WORK ITEM: Give again, unaltered, the lines of the listing below that run from the line having "(new : Fresh g) × IsFresh new" through the line having "IsFresh new) r".
# # # # # # #
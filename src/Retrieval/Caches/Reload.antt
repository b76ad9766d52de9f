-- ===== src/Retrieval/Caches/Reload.antt =====
-- A reload of the indexes takes all or nothing.
use audit_flow_ai.Base.{String, false, ◌≡◌, refl, ap, Option, none, some, List, [], ◌∷◌, is_empty}
use audit_flow_ai.Base.Dict.{Dict, keys}
use audit_flow_ai.Exec.{Result, ok, raised, ◌>>=◌, pure, raise_if, reraise, After, After-bind}
use audit_flow_ai.Schemas.Errors.{audit, retrieval_error}
use audit_flow_ai.Schemas.Floats.{Floats}
use audit_flow_ai.Schemas.Retrieval.{ChunkRecord}
use audit_flow_ai.Retrieval.Caches.{
  Engines, Caches, Query, Fresh, on_engines, new_bm25_index, build_bm25, store, load_fresh, swap_in,
  reload_index_from_disk,
}
use audit_flow_ai.Retrieval.Caches.Coherence.{
  Built, on_engines-After, new_bm25_index-After, build_bm25-After,
}

module _ {F : Floats} (g : Engines F) where
  -- The caches are the old ones; only the engines have been called.
  abbrev pub Same : Caches g → Caches g → Type 0
  Same s u = u ≡ record s { engines = u.engines }

  -- what a reload swaps in
  pub record IsFresh (new : Fresh g) : Type 0 where
    pub full : is_empty new.corpus ≡ false
    pub index : (x : g.Store) × (new.faiss ≡ some x)
    pub ids : new.cache.0 ≡ keys new.corpus

  abbrev checked : Option g.Store → Dict ChunkRecord → List String × g.Okapi → Query g (Fresh g)
  checked faiss corpus cache = store g faiss >>= λ _.
      raise_if (is_empty corpus) (audit retrieval_error) >>= λ _.
      pure (record { faiss = faiss; corpus = corpus; cache = cache })

  checked-After :
      (s : Caches g) (faiss : Option g.Store) (corpus : Dict ChunkRecord)
      (cache : List String × g.Okapi) (u : Caches g)
      → Same s u
      → cache.0 ≡ keys corpus
      → After (Same s) (λ new v. Same s v × IsFresh new) (checked faiss corpus cache u)
  unfolding store
  checked-After s none corpus cache u h e = h
  checked-After s (some x) [] cache u h e = h
  checked-After s (some x) (c ∷ corpus) cache u h e =
      (h, record { full = refl; index = (x, refl); ids = e })

  load_fresh-After :
      (embedder : g.Embedder) (s : Caches g)
      → After (Same s) (λ new u. Same s u × IsFresh new) (load_fresh g embedder s)
  unfolding load_fresh
  load_fresh-After embedder s =
      After-bind (Same s) (λ _ u. Same s u) (λ new u. Same s u × IsFresh new)
        (on_engines g (g.load_local embedder)) s
        (λ faiss. new_bm25_index g >>= λ corpus.
          build_bm25 g corpus >>= λ cache. checked faiss corpus cache)
        (on_engines-After g (Same s) (g.load_local embedder) s (λ w. refl))
        λ faiss u i.
          After-bind (Same s) (λ _ u. Same s u) (λ new u. Same s u × IsFresh new) (new_bm25_index g)
            u (λ corpus. build_bm25 g corpus >>= λ cache. checked faiss corpus cache)
            (new_bm25_index-After g (Same s) u
              (λ w. ap {A = Caches g} (λ v. record v { engines = w }) i))
            λ corpus v j.
              After-bind (Same s) (Built g (Same s) corpus) (λ new u. Same s u × IsFresh new)
                (build_bm25 g corpus) v (checked faiss corpus)
                (build_bm25-After g (Same s) corpus v
                  (λ w. ap {A = Caches g} (λ v. record v { engines = w }) j))
                (λ cache w k. checked-After s faiss corpus cache w k.0 k.1)

  -- What a reload leaves: the old caches and a RetrievalError, or new ones, of a corpus that is not empty.
  unfoldable pub Reloaded : Caches g → Result Unit × Caches g → Type 0
  Reloaded s (raised e, u) = (e ≡ audit retrieval_error) × Same s u
  Reloaded s (ok x, u) =
      (new : Fresh g) × IsFresh new
      × (u ≡ record s {
        faiss_index = some new.faiss;
        bm25_index = some new.corpus;
        bm25_cache = some new.cache;
        engines = u.engines;
      })

  swapped :
      (s : Caches g) (r : Result (Fresh g) × Caches g)
      → After (Same s) (λ new u. Same s u × IsFresh new) r
      → Reloaded s (((λ _. reraise (audit retrieval_error) r) >>= swap_in g) s)
  unfolding Reloaded swap_in
  swapped s (ok new, u) h = (
    new,
    h.1,
    ap {A = Caches g}
        (λ v. record v {
          faiss_index = some new.faiss;
          bm25_index = some new.corpus;
          bm25_cache = some new.cache;
        })
        h.0,
  )
  swapped s (raised e, u) h = (refl, h)

  -- Once the embedder is loaded, a reload that fails at any point raises RetrievalError and leaves the
  -- four caches as they were, and one that succeeds replaces the FAISS index, the corpus and the BM25
  -- cache together, by an index that exists, a corpus that is not empty, and a cache with its keys.
  pub reload_index_from_disk-Reloaded :
      (embedder : g.Embedder) (s : Caches g)
      → s.embedder ≡ some embedder
      → Reloaded s (reload_index_from_disk g s)
  unfolding reload_index_from_disk
  reload_index_from_disk-Reloaded embedder s e =
      simp (e, reload_index_from_disk)
        (swapped s (load_fresh g embedder s) (load_fresh-After embedder s))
# # # # # # #
FINAL ANSWER:
      (new : Fresh g) × IsFresh new
      × (u ≡ record s {
        faiss_index = some new.faiss;
        bm25_index = some new.corpus;
        bm25_cache = some new.cache;
        engines = u.engines;
      })

  swapped :
      (s : Caches g) (r : Result (Fresh g) × Caches g)
      → After (Same s) (λ new u. Same s u × IsFresh new) r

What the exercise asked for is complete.